We had a post from 2011 with links to songs:
Steeleye Span - Weaver and the Factory Maid (via youtube)
[ame]http://www.youtube.com/watch?v=Do7epBepl8U[/ame]

Filipino folk song - Shawl Weaver Song, Here is a song I was taught in elementary school in late 1960s, Los Angeles Calif when I was 10 or 11 years old. It was printed in the district textbook for music so it was taught to everybody in the city.

http://filipinofolksongsatbp.blogspot.com/2011/10/cashmere-folk-song-shawl-weavers-song.html


You can hear the melody at the website.

Shawl Weaver's Song
Cashmere Folk Song
by Seymour Barnard
Tempo: Allegretto

Deftly, deftly, nimble fingers,
Weave gold and azure strands.
Hasten, hasten, he who lingers.
Fly, firm and facile hands.

Weave for mother's shoulder
Shawls gay with glint of gold;
For her when bent and older,
Warm wool against the cold.

Although I remember the second verse was something like

Weave for the lady's shoulders
Shawls gay with glints of gold
When winter winds grow colder
Warm wool against the cold.

Anyway, that's the name of that tune.

The original thread was.
http://www.homesteadingtoday.com/country-homemaking/fiber-arts/425479-when-i-weaver.html

And be sure to add your posts here, not there!

Thank you!
Have a joyful day!
Franco Rios
Sacramento


----------



## Maura (Jun 6, 2004)

The only one I know is about the weaver, not the weaving.

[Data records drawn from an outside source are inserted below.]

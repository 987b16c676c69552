-- ===== src/Game2048/Line/Rule.antt =====
-- The merging rule of 2048, and that `_process_line` follows it.
use mathlib.Core.List.{reverse, reverse_aux, foldl}
use classic_games.Prelude.{
  ◌≤◌, ◌≡◌, refl, inl, inr, Option, none, some, List, [], ◌∷◌, ◌++◌, ◌==◌, length, if◌then◌else◌,
  Bool-cases, arith,
}
use classic_games.Game2048.Board.{Tile}
use classic_games.Game2048.Line.{LineSlot, single, merged, push_tile, process_line}

-- From the destination edge on: two neighbours of one value become one slot, which takes no third
-- tile; any other tile has a slot of its own.
unfoldable pub merge_rule : List Tile → List LineSlot
merge_rule [] = []
merge_rule (a ∷ []) = single a ∷ []
merge_rule (a ∷ b ∷ rest) =
    let joined = merged a b ∷ merge_rule rest in
    let apart = single a ∷ merge_rule (b ∷ rest) in if a.value == b.value then joined else apart

mutual
  unfolding push_tile merge_rule

  fold_open :
      (ts : List Tile) (a : Tile) (rest : List LineSlot)
      → reverse (foldl push_tile (single a ∷ rest) ts) ≡ reverse_aux rest (merge_rule (a ∷ ts))
  fold_open [] a rest = refl
  fold_open (t ∷ ts) a rest = elim (Bool-cases (a.value == t.value)) [
    | inl e ↦ rw e (fold_joined ts a t rest)
    | inr e ↦ rw e (fold_open ts t (single a ∷ rest))
  ]

  fold_joined :
      (ts : List Tile) (a b : Tile) (rest : List LineSlot)
      → reverse (foldl push_tile (merged a b ∷ rest) ts)
        ≡ reverse_aux rest (merged a b ∷ merge_rule ts)
  fold_joined [] a b rest = refl
  fold_joined (t ∷ ts) a b rest = fold_open ts t (merged a b ∷ rest)

-- For every line, the slots that the loop builds are those of the merging rule.
pub process_line-eq-merge_rule : (line : List Tile) → process_line line ≡ merge_rule line
unfolding process_line push_tile merge_rule
process_line-eq-merge_rule [] = refl
process_line-eq-merge_rule (t ∷ ts) = fold_open ts t []

-- the tiles of the slots, in their order
unfoldable pub slot_tiles : List LineSlot → List Tile
slot_tiles [] = []
slot_tiles (record_slot ∷ rest) = record_slot.tile ∷ sources record_slot.source ++ slot_tiles rest
  where
    sources : Option Tile → List Tile
    sources none = []
    sources (some t) = t ∷ []

length-merge_rule : (line : List Tile) → length (merge_rule line) ≤ length line
unfolding merge_rule
length-merge_rule [] = omega arith
length-merge_rule (a ∷ []) = omega arith
length-merge_rule (a ∷ b ∷ rest) =
    ground (arith, length-merge_rule rest, length-merge_rule (b ∷ rest))

pub length-process_line : (line : List Tile) → length (process_line line) ≤ length line
length-process_line line = rw process_line-eq-merge_rule (length-merge_rule line)
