-- ===== src/Game2048/Slide/Cells.antt =====
-- Where the tiles of a slide come to stand.
use mathlib.Core.Option
use mathlib.Core.List.{reverse}
use native.Mathlib.Nat.{zero-add}
use classic_games.Prelude.{
  ℕ, zero, suc, ◌+◌, ◌≤◌, ◌<◌, ◌≡◌, refl, ◌∙◌, Bool, false, inl, inr, Bool-cases, ==_iff, ◌&&◌,
  Option, none, some, List, [], ◌∷◌, ◌==◌, ltb, length, get_elem?, if◌then◌else◌, arith,
}
use classic_games.Game2048.Board.{Tile, Grid, size}
use classic_games.Game2048.Line.{LineSlot, process_line}
use classic_games.Game2048.Line.Rule.{length-process_line}
use classic_games.Game2048.Slide.{
  Direction, left, right, up, down, dest, line_tiles, somes, slide, reset_from, Sliding, placed,
  place_source, place_slot, place_slots, slide_lines,
}

abbrev pub cell : Direction → Grid → ℕ → ℕ → Option Tile
cell d g f k = g (dest d f k).0 (dest d f k).1

pub cells-place_slot :
    (d : Direction) (f k i j : ℕ) (s : LineSlot) (b : Sliding)
    → k < size
    → j < size
    → cell d (place_slot (dest d f k) s b).cells i j
      ≡ (if f == i && k == j then some (placed (dest d f k) s) else cell d b.cells i j)
unfolding place_slot place_source
cells-place_slot left f k i j s b hk hj = ground arith
cells-place_slot right f k i j s b hk hj = ground arith
cells-place_slot up f k i j s b hk hj = ground arith
cells-place_slot down f k i j s b hk hj = ground arith

-- what slot `j - k` of a list leaves at place `j`
abbrev pub placed_at : Direction → ℕ → List LineSlot → ℕ → Option Tile
placed_at d f slots j = Option.map (placed (dest d f j)) (get_elem? slots j)

cells-place_slots_ne :
    (d : Direction) (f k : ℕ) (slots : List LineSlot) (b : Sliding) (i j : ℕ)
    → k + length slots ≤ size
    → j < size
    → (f == i) ≡ false
    → cell d (place_slots d f k slots b).cells i j ≡ cell d b.cells i j
unfolding place_slots
cells-place_slots_ne d f k [] b i j h hj ne = refl
cells-place_slots_ne d f k (s ∷ slots) b i j h hj ne =
    cells-place_slots_ne d f (suc k) slots (place_slot (dest d f k) s b) i j (omega arith) hj ne
    ∙ cells-place_slot d f k i j s b (omega arith) hj
    ∙ rw ne refl

cells-place_slots_lt :
    (d : Direction) (f k : ℕ) (slots : List LineSlot) (b : Sliding) (j : ℕ)
    → k + length slots ≤ size
    → j < k
    → cell d (place_slots d f k slots b).cells f j ≡ cell d b.cells f j
unfolding place_slots
cells-place_slots_lt d f k [] b j h hj = refl
cells-place_slots_lt d f k (s ∷ slots) b j h hj =
    cells-place_slots_lt d f (suc k) slots (place_slot (dest d f k) s b) j (omega arith)
      (omega arith)
    ∙ cells-place_slot d f k f j s b (omega arith) (omega arith)
    ∙ ground arith

cells-place_slots_eq :
    (d : Direction) (f k : ℕ) (slots : List LineSlot) (b : Sliding) (j : ℕ)
    → k + length slots ≤ size
    → k + j < size
    → cell d b.cells f (k + j) ≡ none
    → cell d (place_slots d f k slots b).cells f (k + j)
      ≡ Option.map (placed (dest d f (k + j))) (get_elem? slots j)
unfolding place_slots
cells-place_slots_eq d f k [] b j h hj e = e
cells-place_slots_eq d f k (s ∷ slots) b zero h hj e =
    let kk : k + zero ≡ k = omega arith in
    rw kk (
      cells-place_slots_lt d f (suc k) slots (place_slot (dest d f k) s b) k (omega arith)
        (omega arith)
      ∙ cells-place_slot d f k f k s b (omega arith) (omega arith)
      ∙ ground arith)
cells-place_slots_eq d f k (s ∷ slots) b (suc j) h hj e =
    let kk : k + suc j ≡ suc k + j = omega arith in
    rw kk (
      cells-place_slots_eq d f (suc k) slots (place_slot (dest d f k) s b) j (omega arith)
        (omega arith)
        (cells-place_slot d f k f (suc k + j) s b (omega arith) (omega arith) ∙ ground (arith, e)))

cells-place_slots_zero :
    (d : Direction) (f : ℕ) (slots : List LineSlot) (b : Sliding) (j : ℕ)
    → 0 + length slots ≤ size
    → j < size
    → cell d b.cells f j ≡ none
    → cell d (place_slots d f 0 slots b).cells f j
      ≡ Option.map (placed (dest d f j)) (get_elem? slots j)
cells-place_slots_zero d f slots b j fits hj e =
    rw zero-add at (cells-place_slots_eq d f 0 slots b j fits (omega arith) (rw zero-add e))

length-somes4 : (a b c e : Option Tile) → length (somes (a ∷ b ∷ c ∷ e ∷ [])) ≤ size
length-somes4 a b c e = ground arith

length-reverse_somes4 :
    (a b c e : Option Tile) → length (reverse (somes (a ∷ b ∷ c ∷ e ∷ []))) ≤ size
length-reverse_somes4 a b c e = ground arith

pub length-line_tiles : (g : Grid) (d : Direction) (f : ℕ) → length (line_tiles g d f) ≤ size
unfolding line_tiles
length-line_tiles g left f = length-somes4 (g f 0) (g f 1) (g f 2) (g f 3)
length-line_tiles g right f = length-reverse_somes4 (g f 0) (g f 1) (g f 2) (g f 3)
length-line_tiles g up f = length-somes4 (g 0 f) (g 1 f) (g 2 f) (g 3 f)
length-line_tiles g down f = length-reverse_somes4 (g 0 f) (g 1 f) (g 2 f) (g 3 f)

-- what the slots of line `i` leave at place `j`
abbrev pub line_cell : Grid → Direction → ℕ → ℕ → Option Tile
line_cell g d i j = Option.map (placed (dest d i j)) (get_elem? (process_line (line_tiles g d i)) j)

cells-slide_lines :
    (d : Direction) (g : Grid) (n : ℕ) (b : Sliding) (i j : ℕ)
    → j < size
    → ((i j : ℕ) → b.cells i j ≡ none)
    → cell d (slide_lines d g n b).cells i j ≡ (if ltb i n then line_cell g d i j else none)
unfolding slide_lines
cells-slide_lines d g zero b i j hj e = e _ _ ∙ ground arith
cells-slide_lines d g (suc n) b i j hj e =
    let slots = process_line (line_tiles g d n) in
    let before = slide_lines d g n b in
    let ih = cells-slide_lines d g n b i j hj e in
    let fits : 0 + length slots ≤ size =
      omega (arith, length-process_line (line_tiles g d n), length-line_tiles g d n) in
    elim (Bool-cases (n == i)) [
      | inl same ↦ rw (← (==_iff n i).0 same) (
          cells-place_slots_zero d n slots before j fits hj
            (cells-slide_lines d g n b n j hj e ∙ ground arith)
          ∙ ground arith)
      | inr ne ↦ cells-place_slots_ne d n 0 slots before i j fits hj ne ∙ ih ∙ ground arith
    ]

-- After a slide, place `j` of line `i` holds what slot `j` of that line left there.
pub cell-slide :
    (d : Direction) (g : Grid) (score : ℕ) (won : Bool) (i j : ℕ)
    → i < size
    → j < size
    → cell d (slide d g score won).cells i j ≡ line_cell (reset_from g) d i j
unfolding slide
cell-slide d g score won i j hi hj =
    cells-slide_lines d (reset_from g) size _ i j hj (λ r c. refl) ∙ ground arith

As I was weaving upon my loom
_something something- a bird was singing on an ivory branch
and the song she wang was the jug of punch.
Then it goes on to the Jug of Punch.


----------



## Kasota (Nov 25, 2013)

Across the far meadow bathed in mist
My flock lay down their rest to take
Ewes with lambs in the springtime green
Such a gentle picture they did make

I left them in that meadow green
To tend to chores of the day
There were eggs to gather and wood to bring in
And horses that wanted their hay

But My heart stopped when the silence broke
And I heard the dogs give sound
A wolf pack in the early hours
had brought a lamb to ground

I am too slow! I am too slow!
The path is long and twisting
But I must reach the meadow green
Where I heard a battle raging

Scattered and shattered the flock did run
Except for the lamb brought down
There in the misty meadow green
How I feared what would be found

Brave Raven in a flash of black
Charged in like thunder crashing
Kate, Rock and Bear, not far behind
Raced in with canines flashing

One wolf had hold of my dear sweet lamb
she cried out in fear and pain
The pack had circled to carry her off
Until Raven charged in again

Heart pounding and gasping I found them 
There in the misty green meadow
Blood spattered and tattered Raven stood
And a lamb lay in her shadow

Gashes were torn in her rugged face
Blood poured down her side
Raven licked the still-breathing lamb
It lifted it's head and cried

I called to the flock Come in! Come in!
My voice I knew they would follow
I carried the lamb in my shaking arms
Across the misty green meadow

The years might have clouded her eyesight
But she stood brave and true til the end
Now she rests in the misty green meadow
Fare thee well, Raven, my friend


----------



## Lythrum (Dec 19, 2005)

My favorite fiber related song is called Ged a Sheol Mi Air M' Aineol by Julie Fowlis. It is a traditional Gaelic waulking song, that was sung by the ladies as they worked the tweed cloth in mills and homes. Walking (Gaelic is waulking), fulling or tucking was when they would beat the tweed to soften it up. They started out slow as they were working the heavy cloth and then picked up speed. This particular song is about an ocean voyage and the English lyrics can be found here. 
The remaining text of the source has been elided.